Write out exactly the lines below that run from the one containing "-- once and in the order of their times." through the one containing "s'.container × Reach s')", both included, with no other lines.
(INPUT RECORDS)
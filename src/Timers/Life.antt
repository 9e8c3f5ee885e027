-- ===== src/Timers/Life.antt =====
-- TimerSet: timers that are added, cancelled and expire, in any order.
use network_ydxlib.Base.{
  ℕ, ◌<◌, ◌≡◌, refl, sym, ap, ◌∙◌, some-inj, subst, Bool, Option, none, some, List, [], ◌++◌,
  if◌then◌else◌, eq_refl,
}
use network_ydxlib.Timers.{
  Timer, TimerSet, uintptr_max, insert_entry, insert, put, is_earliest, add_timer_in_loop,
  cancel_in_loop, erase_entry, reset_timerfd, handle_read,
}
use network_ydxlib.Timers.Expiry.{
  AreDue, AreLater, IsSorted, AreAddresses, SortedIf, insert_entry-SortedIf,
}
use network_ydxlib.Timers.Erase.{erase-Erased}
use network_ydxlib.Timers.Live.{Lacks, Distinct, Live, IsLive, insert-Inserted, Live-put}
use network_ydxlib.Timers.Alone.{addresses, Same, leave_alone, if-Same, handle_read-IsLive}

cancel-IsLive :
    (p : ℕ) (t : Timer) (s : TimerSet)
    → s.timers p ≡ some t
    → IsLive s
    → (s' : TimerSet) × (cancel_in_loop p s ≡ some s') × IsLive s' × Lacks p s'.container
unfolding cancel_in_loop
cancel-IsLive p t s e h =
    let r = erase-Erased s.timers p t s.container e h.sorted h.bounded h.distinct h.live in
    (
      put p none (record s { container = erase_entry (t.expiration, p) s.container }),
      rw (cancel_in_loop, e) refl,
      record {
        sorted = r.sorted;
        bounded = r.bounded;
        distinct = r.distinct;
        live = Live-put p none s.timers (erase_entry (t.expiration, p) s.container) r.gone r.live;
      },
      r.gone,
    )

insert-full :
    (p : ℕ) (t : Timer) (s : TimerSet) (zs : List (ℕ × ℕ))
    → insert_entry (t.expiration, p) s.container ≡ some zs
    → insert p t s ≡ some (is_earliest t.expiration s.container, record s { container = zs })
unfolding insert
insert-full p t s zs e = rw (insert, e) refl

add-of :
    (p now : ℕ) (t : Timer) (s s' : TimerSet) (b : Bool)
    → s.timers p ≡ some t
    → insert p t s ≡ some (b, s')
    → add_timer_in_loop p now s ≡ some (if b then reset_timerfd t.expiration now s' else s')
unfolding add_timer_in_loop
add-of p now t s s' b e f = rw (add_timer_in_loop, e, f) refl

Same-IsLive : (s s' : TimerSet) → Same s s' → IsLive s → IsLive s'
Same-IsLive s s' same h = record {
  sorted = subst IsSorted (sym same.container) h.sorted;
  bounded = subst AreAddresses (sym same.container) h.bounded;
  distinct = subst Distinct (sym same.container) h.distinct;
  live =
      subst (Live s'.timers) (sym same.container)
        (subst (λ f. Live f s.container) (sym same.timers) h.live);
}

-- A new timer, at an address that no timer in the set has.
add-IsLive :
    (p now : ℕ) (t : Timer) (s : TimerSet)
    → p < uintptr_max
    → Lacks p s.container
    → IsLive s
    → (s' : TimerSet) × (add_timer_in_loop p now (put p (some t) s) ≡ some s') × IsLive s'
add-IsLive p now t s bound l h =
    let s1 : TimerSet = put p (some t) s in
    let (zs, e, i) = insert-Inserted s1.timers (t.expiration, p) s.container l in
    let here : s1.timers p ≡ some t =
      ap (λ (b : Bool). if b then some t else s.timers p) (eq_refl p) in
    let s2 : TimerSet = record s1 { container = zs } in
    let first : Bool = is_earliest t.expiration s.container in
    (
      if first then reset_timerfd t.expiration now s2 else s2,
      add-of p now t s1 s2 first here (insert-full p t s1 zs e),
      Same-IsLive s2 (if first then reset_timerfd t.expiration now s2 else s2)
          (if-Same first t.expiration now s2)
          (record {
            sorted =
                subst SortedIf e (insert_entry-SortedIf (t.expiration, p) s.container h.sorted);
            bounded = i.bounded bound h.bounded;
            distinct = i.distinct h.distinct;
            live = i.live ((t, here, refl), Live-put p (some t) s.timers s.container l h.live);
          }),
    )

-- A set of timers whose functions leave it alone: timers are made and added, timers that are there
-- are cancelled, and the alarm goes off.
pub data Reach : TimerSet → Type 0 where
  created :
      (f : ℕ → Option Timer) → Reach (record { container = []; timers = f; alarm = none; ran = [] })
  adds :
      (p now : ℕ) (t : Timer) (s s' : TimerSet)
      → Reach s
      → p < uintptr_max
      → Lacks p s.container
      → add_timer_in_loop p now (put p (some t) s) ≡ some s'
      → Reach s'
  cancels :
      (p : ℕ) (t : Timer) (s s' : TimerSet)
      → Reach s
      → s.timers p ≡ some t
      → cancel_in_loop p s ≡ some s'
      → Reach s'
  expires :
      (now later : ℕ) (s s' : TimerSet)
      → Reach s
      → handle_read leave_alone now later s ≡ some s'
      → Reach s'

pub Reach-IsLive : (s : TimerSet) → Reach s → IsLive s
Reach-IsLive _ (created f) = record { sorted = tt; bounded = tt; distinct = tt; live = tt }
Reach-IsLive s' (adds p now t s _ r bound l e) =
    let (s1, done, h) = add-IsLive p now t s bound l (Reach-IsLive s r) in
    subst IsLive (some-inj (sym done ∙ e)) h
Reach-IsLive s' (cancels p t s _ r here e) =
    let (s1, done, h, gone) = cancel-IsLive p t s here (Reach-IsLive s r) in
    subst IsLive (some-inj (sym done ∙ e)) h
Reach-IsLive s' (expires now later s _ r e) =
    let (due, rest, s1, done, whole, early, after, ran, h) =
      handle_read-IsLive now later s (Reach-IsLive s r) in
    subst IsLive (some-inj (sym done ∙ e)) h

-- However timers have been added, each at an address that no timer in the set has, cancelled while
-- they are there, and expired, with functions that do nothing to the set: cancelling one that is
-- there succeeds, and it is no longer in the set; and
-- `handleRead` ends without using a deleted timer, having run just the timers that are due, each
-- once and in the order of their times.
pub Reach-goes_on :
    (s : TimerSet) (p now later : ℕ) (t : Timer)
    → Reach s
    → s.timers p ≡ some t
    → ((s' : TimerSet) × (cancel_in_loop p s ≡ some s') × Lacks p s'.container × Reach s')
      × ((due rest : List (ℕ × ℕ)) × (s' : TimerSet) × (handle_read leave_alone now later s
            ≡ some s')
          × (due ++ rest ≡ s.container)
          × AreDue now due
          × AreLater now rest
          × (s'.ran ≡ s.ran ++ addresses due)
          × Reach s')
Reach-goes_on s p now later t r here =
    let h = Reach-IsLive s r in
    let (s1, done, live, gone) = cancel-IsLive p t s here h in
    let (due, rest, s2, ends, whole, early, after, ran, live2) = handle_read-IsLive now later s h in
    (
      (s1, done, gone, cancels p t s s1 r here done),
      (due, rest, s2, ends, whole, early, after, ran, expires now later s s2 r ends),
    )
(End INPUT RECORDS)
(INPUT RECORDS)
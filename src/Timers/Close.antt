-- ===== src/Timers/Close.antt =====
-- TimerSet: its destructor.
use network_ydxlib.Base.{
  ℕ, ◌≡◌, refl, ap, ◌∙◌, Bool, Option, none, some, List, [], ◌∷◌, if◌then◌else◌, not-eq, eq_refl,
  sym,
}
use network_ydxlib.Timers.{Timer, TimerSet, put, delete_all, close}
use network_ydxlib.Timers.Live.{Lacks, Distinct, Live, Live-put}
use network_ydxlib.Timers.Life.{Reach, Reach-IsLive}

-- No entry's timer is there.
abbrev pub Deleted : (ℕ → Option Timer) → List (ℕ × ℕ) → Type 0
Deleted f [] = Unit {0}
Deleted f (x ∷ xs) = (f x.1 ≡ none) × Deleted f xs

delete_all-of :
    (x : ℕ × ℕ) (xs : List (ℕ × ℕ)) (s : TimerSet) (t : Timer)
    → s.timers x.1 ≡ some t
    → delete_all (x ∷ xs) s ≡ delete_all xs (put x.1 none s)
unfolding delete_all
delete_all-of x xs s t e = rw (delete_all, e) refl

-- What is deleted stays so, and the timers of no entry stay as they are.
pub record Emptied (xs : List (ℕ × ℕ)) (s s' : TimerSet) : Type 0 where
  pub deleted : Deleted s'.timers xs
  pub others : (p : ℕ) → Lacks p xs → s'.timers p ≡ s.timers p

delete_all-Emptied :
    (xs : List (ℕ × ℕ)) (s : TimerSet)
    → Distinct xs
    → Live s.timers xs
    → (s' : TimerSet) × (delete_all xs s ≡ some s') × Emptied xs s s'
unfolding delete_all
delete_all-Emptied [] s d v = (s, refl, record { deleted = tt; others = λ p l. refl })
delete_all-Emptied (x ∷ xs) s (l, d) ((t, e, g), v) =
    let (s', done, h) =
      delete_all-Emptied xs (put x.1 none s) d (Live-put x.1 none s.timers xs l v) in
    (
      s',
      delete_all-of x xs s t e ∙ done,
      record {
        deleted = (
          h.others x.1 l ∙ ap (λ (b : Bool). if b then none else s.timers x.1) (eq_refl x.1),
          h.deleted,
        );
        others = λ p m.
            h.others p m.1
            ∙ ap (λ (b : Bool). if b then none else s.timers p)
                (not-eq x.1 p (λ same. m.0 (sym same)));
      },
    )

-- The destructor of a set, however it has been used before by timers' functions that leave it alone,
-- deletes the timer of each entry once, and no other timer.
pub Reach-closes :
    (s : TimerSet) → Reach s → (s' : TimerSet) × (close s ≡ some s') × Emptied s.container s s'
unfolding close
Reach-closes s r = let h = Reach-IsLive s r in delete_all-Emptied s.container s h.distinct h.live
(End INPUT RECORDS)
(INPUT RECORDS)
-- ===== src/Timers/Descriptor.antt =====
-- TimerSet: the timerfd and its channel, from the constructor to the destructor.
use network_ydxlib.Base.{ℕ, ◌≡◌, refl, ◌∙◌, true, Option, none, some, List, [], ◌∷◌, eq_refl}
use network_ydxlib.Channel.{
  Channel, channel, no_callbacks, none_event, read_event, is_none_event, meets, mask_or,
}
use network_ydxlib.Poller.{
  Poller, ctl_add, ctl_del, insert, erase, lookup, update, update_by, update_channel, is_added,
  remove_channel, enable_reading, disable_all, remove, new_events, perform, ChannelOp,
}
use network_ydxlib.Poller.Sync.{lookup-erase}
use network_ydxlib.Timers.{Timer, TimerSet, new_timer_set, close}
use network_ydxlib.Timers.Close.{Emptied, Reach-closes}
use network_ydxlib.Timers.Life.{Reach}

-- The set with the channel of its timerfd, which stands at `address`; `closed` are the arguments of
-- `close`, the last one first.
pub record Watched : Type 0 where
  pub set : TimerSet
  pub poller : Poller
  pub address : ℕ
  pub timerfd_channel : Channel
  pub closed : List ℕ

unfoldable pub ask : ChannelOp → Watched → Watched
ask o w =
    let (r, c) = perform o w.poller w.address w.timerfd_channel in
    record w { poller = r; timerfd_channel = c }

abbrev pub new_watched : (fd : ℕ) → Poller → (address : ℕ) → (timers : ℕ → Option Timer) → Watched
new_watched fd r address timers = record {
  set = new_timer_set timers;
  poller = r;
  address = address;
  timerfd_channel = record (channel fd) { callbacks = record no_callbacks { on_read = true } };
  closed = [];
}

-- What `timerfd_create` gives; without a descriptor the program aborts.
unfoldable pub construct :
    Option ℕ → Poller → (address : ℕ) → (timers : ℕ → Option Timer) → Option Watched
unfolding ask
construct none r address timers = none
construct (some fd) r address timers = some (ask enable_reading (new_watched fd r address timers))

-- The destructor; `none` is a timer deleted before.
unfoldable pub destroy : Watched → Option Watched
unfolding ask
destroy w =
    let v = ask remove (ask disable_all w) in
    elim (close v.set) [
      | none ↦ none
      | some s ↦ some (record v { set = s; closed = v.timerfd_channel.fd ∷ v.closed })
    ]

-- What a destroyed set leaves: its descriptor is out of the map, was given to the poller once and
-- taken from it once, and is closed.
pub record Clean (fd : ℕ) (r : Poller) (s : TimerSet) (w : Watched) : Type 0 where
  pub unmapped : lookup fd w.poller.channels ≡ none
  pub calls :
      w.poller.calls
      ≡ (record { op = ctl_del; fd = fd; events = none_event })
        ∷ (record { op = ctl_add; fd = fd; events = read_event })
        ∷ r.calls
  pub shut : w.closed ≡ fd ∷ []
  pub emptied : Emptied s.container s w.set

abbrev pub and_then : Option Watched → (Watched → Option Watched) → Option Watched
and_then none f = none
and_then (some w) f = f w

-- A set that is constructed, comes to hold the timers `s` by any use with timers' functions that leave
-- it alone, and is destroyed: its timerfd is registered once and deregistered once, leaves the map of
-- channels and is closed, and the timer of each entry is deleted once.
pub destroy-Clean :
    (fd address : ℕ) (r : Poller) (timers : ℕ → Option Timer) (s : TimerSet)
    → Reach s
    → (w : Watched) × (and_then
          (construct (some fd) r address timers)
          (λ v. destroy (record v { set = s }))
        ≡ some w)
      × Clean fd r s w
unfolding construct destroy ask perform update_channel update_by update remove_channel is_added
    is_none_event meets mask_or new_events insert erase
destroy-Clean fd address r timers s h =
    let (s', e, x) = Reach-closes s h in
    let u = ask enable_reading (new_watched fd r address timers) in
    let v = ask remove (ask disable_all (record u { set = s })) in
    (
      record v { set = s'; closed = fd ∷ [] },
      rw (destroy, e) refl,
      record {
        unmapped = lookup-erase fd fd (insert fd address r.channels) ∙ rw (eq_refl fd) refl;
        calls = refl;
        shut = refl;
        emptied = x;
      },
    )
(End INPUT RECORDS)
RESULT OF THIS EXERCISE
-- once and in the order of their times.
pub Reach-goes_on :
    (s : TimerSet) (p now later : ℕ) (t : Timer)
    → Reach s
    → s.timers p ≡ some t
    → ((s' : TimerSet) × (cancel_in_loop p s ≡ some s') × Lacks p s'.container × Reach s')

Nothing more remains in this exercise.